An appropriate quality assurance and quality control program should be implemented to determine the accuracy and precision of all analytical results associated with the problem of metal-affected drinking water in Bangladesh. This program should include the routine and blind analysis of independently prepared standards, sample matrix spikes, field duplicates, laboratory duplicates, field blanks, and laboratory blanks. The ICDDR,B laboratory generated an excellent quality of results during this study; this is especially impressive because the metal analyses were completed without the benefit of an atomic absorption spectrophotometer or similar modern instrumentation (see Table 1).
The other three laboratories evaluated in this study would presumably benefit from a more rigorous quality assurance and quality control program (see Table 2).

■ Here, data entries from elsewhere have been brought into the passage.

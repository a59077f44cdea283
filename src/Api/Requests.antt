-- ===== src/Api/Requests.antt =====
-- internal/app/queue.go and internal/app/voting.go: what the handlers of the queue share. A request
-- carries what the router, the session and the clock answer; a header is its text.
use Prim.Native.String as Text
use raspi_media_player.Base.{
  ℕ, ℤ, pos, negsuc, String, Bool, false, Option, none, some, List, [], ◌∷◌, map, ◌||◌, same,
  if◌then◌else◌, atoi, trim, is_space, is_quote,
}
use raspi_media_player.Queue.Rows.{Db, Item, Snapshot, Error, duplicate, not_found, conflict, full}
use raspi_media_player.Voting.Policy.{Settings, VotePolicy}
use raspi_media_player.Voting.Manager.{VoteManager, SkipVoteState, touch, state}
use raspi_media_player.Api.Limiter.{RateLimiter}

pub record Identity : Type 0 where
  pub user_id : String
  pub username : String
  pub is_admin : Bool

-- `remote_host` is what `net.SplitHostPort` makes of `remote_addr`, `none` on its error.
pub record Request : Type 0 where
  pub identity : Option Identity
  pub listener_cookie : Option String
  pub remote_addr : String
  pub remote_host : Option String
  pub if_match : String
  pub now : ℕ

-- A snapshot as the handlers send it: `removal_votes` has an entry for each item in turn.
pub record Page : Type 0 where
  pub snapshot : Snapshot
  pub skip_vote : Option SkipVoteState
  pub removal_votes : List (Option SkipVoteState)

pub data Response : Type 0 where
  error_response : ℕ → String → Response
  page_response : ℕ → Page → Response

-- What `sources.Classify` answers.
pub data Classification : Type 0 where
  classified : String → Classification
  unsupported invalid : Classification

-- The state that the handlers share.
pub record Server : Type 0 where
  pub db : Db
  pub votes : VoteManager
  pub limiter : RateLimiter
  pub settings : Settings
  pub queue_limit : ℕ
  pub classify : String → Classification

abbrev pub or_empty_text : Option String → String
or_empty_text none = ""
or_empty_text (some text) = text

unfoldable pub listener_id : Request → String
listener_id r = elim r.identity [
  | some identity ↦ Text.◌++◌ "user:" identity.user_id
  | none ↦
      if same (or_empty_text r.listener_cookie) ""
      then Text.◌++◌ "request:" (or_empty_text r.remote_host)
      else Text.◌++◌ "browser:" (or_empty_text r.listener_cookie)
]

abbrev pub client_ip : Request → String
client_ip r = elim r.remote_host [ none ↦ r.remote_addr | some host ↦ host ]

-- The outcome of `requiredRevision`.
pub data Required : Type 0 where
  refused : Response → Required
  expects : ℕ → Required

abbrev pub revision_of : Option ℤ → Required
revision_of none = refused (error_response 400 "invalid_revision")
revision_of (some (negsuc n)) = refused (error_response 400 "invalid_revision")
revision_of (some (pos n)) = expects n

unfoldable pub required_revision : String → Required
required_revision header =
    let value = trim is_quote (trim is_space header) in
    if same value ""
    then refused (error_response 428 "revision_required")
    else revision_of (atoi value)

-- `queueError`. A violated constraint is an internal error.
abbrev pub queue_error : Error → Response
queue_error duplicate = error_response 409 "duplicate_source"
queue_error not_found = error_response 404 "queue_item_not_found"
queue_error conflict = error_response 409 "revision_conflict"
queue_error full = error_response 409 "queue_full"
queue_error _ = error_response 500 "internal_error"

abbrev pub first_id : List Item → String
first_id [] = ""
first_id (item ∷ items) = item.id

-- The item that a vote to skip is about.
abbrev pub skip_target : Snapshot → String
skip_target s = if same s.current_item_id "" then first_id s.items else s.current_item_id

abbrev pub skip_key : String → String
skip_key item = Text.◌++◌ "skip:" item

abbrev pub removal_key : String → String
removal_key item = Text.◌++◌ "remove:" item

abbrev pub is_admin : Option Identity → Bool
is_admin none = false
is_admin (some identity) = identity.is_admin

abbrev pub owns : Option Identity → Item → Bool
owns none item = false
owns (some identity) item = same item.submitter.user_id identity.user_id

abbrev pub if_enabled : SkipVoteState → Option SkipVoteState
if_enabled v = if v.enabled then some v else none

-- The votes on removing the items of others.
unfoldable pub removal_votes :
    VotePolicy
    → Option Identity
    → String
    → ℕ
    → List Item
    → VoteManager
    → VoteManager × List (Option SkipVoteState)
removal_votes p identity listener now [] m = (m, [])
removal_votes p identity listener now (item ∷ items) m =
    if is_admin identity || owns identity item
    then (let (m', rest) = removal_votes p identity listener now items m in (m', none ∷ rest))
    else (let (m', v) = state p (removal_key item.id) item.id listener now m in
        let (m'', rest) = removal_votes p identity listener now items m' in
        (m'', if_enabled v ∷ rest))

unfoldable pub attach_vote : VotePolicy → Request → Snapshot → VoteManager → VoteManager × Page
unfolding removal_votes
attach_vote p r s m =
    let listener = listener_id r in
    let target = skip_target s in
    let (m', v) = state p (skip_key target) target listener r.now (touch listener r.now m) in
    let (m'', removals) = removal_votes p r.identity listener r.now s.items m' in
    (m'', record { snapshot = s; skip_vote = some v; removal_votes = removals })

-- A snapshot without votes.
abbrev pub plain : Snapshot → Page
plain s = record { snapshot = s; skip_vote = none; removal_votes = map (λ item. none) s.items }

The groundwater used for drinking in Bangladesh should be routinely tested for arsenic and other toxic compounds. Approximately 50% of the aerial extent of Bangladesh contains groundwater from shallow tubewells (< 30.5 m or < 100 feet bgs) with an average arsenic concentration greater than the 0.05 mg/L national drinking water standard (see Figure 2). Approximately 32% of the aerial extent of Bangladesh contains groundwater from deep tubewells (> 30.5 m or > 100 feet bgs) with an average arsenic concentration greater than the 0.05 mg/L national standard (see Figure 3).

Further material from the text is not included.